Use tempesta.sh script to run and stop Tempesta. The script provides help information with --help switch. Usage example:

    $ ./scripts/tempesta.sh --start
    $ ./scripts/tempesta.sh --stop

Configuration

Tempesta is configured via plain-text configuration file.

The file location is determined by the TFW_CFG_PATH environment variable:

    $ TFW_CFG_PATH="/opt/tempesta.conf" ./scripts/tempesta.sh --start

By default, the tempesta_fw.conf from this directory is used.

See tempesta_fw.conf for the list of available options and their descriptions.

Listening address

Tempesta listens to incoming connections on specified address and port. The syntax is as follows:

listen <PORT> | <IPADDR>[:PORT]

IPADDR may be either IPv4 or IPv6 address. Host names are not allowed. IPv6 address must be enclosed in square brackets (e.g. "[::0]" but not "::0"). If only PORT is specified, then address 0.0.0.0 (but not [::1]) is used. If only IPADDR is specified, then default HTTP port 80 is used.

Tempesta opens one socket for each listen directive. Multiple listen directives may be defined to listen on multiple addresses/ports. If listen directive is not defined in the configuration file, then by default Tempesta listens on IPv4 address 0.0.0.0 and port 80, which is an equivalent to listen 80 directive.

Below are examples of listen directive:

listen 80;
listen [::0]:80;
listen 127.0.0.1:8001;
listen [::1]:8001;

Keep-alive timeout

Tempesta may use a single TCP connection to send and receive multiple HTTP requests/responses.

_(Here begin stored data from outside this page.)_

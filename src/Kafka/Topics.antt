-- ===== src/Kafka/Topics.antt =====
-- What Kafka promises of visit-counts and cluster-info, which are compacted: a reader gets the
-- messages in order, but compaction may have dropped one that a later message of its key replaces.
use pok.Kafka.{Message, Read, failed, message}
use pok.Prelude.Bytes.{Bytes, bytes_key}
use pok.Prelude.Int.{ℤ}
use pok.Prelude.Tests.{◌==◌, if◌then◌else◌}
use pok.Prelude.{◌≡◌, false, Option, none, some, List, [], ◌∷◌}

-- What is written has a key.
module _ {A : Type 0} (key_of : A → Bytes) where
  unfoldable pub last_keyed : Bytes → List A → Option A
  last_keyed u [] = none
  last_keyed u (a ∷ as_written) = elim (last_keyed u as_written) [
    | some x ↦ some x
    | none ↦ if key_of a == u then some a else none
  ]

-- `encode`, json.Marshal, gives the value.
module _ {A : Type 0} (key_of : A → Bytes) (encode : A → Bytes) where
  -- `written` is the clock at the writer.
  unfoldable pub topic_message : A → ℤ → Message
  topic_message a written = record { key = key_of a; value = encode a; time = written }

  -- The reads, among which some may fail and be tried again, deliver what was written.
  pub data Delivers {Extra : Type 0} : List A → List (Read Extra) → Type 0 where
    ended : Delivers [] []
    retried :
        {written : List A} {reads : List (Read Extra)}
        → Delivers written reads
        → Delivers written (failed false ∷ reads)
    delivered :
        {written : List A} {reads : List (Read Extra)} (a : A) (time : ℤ) (at : Extra)
        → Delivers written reads
        → Delivers (a ∷ written) (message (topic_message a time) at ∷ reads)
    compacted :
        {written : List A} {reads : List (Read Extra)} (a later : A)
        → last_keyed key_of (key_of a) written ≡ some later
        → Delivers written reads
        → Delivers (a ∷ written) reads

The syntax is as follows:

keepalive_timeout TIMEOUT

TIMEOUT is a timeout in seconds during which a keep-alive client connection will stay open in Tempesta. The zero value disables keep-alive client connections. Default value is 75.

Below are examples of keepalive_timeout directive:

keepalive_timeout 75;

Caching

Tempesta caches Web-content by default, i.e. works as reverse proxy. Configuration option cache manages the cache befavior:

0 - no caching at all, pure proxying mode;
1 - cache sharding when each NUMA node contains independent shard of whole cache. This mode has the smallest memory requirements;
2 - (default) replicated mode when each NUMA node has whole replica of the cache. It requires more RAM, but delivers the highest performance.

cache_db specifies path to a cache database files. The PATH must be absolute and the directory must exist. The database file must end with .tbd. E.g. cache_db /opt/tempesta/db/cache.tdb is the right Tmpesta DB path. However, this is the only path pattern rather than real path. Tempesta creates per NUMA node database files, so if you have two processor packages on modern hardware, then follwoing files will be created (one for earch processor package) for the example above:

    /opt/tempesta/db/cache0.tdb
    /opt/tempesta/db/cache1.tdb

cache_size defines size (in bytes, suffixes like 'MB' are not supported yet) of each Tempesta DB file used as Web cache storage. The size must be multiple of 2MB (Tempesta DB extent size). Default value is 268435456 (256MB).

Server Load Balancing

Servers

A back end HTTP server is defined with server directive. The full syntax is as follows:

server <IPADDR>[:<PORT>] [conns_n=<N>]

IPADDR can be either IPv4 or IPv6 address. Hostnames are not allowed. IPv6 address must be enclosed in square brackets (e.g. "[::0]" but not "::0"). PORT defaults to 80 if not specified. conns_n=<N> is the number of parallel connections to the server. N defaults to 4 if not specified.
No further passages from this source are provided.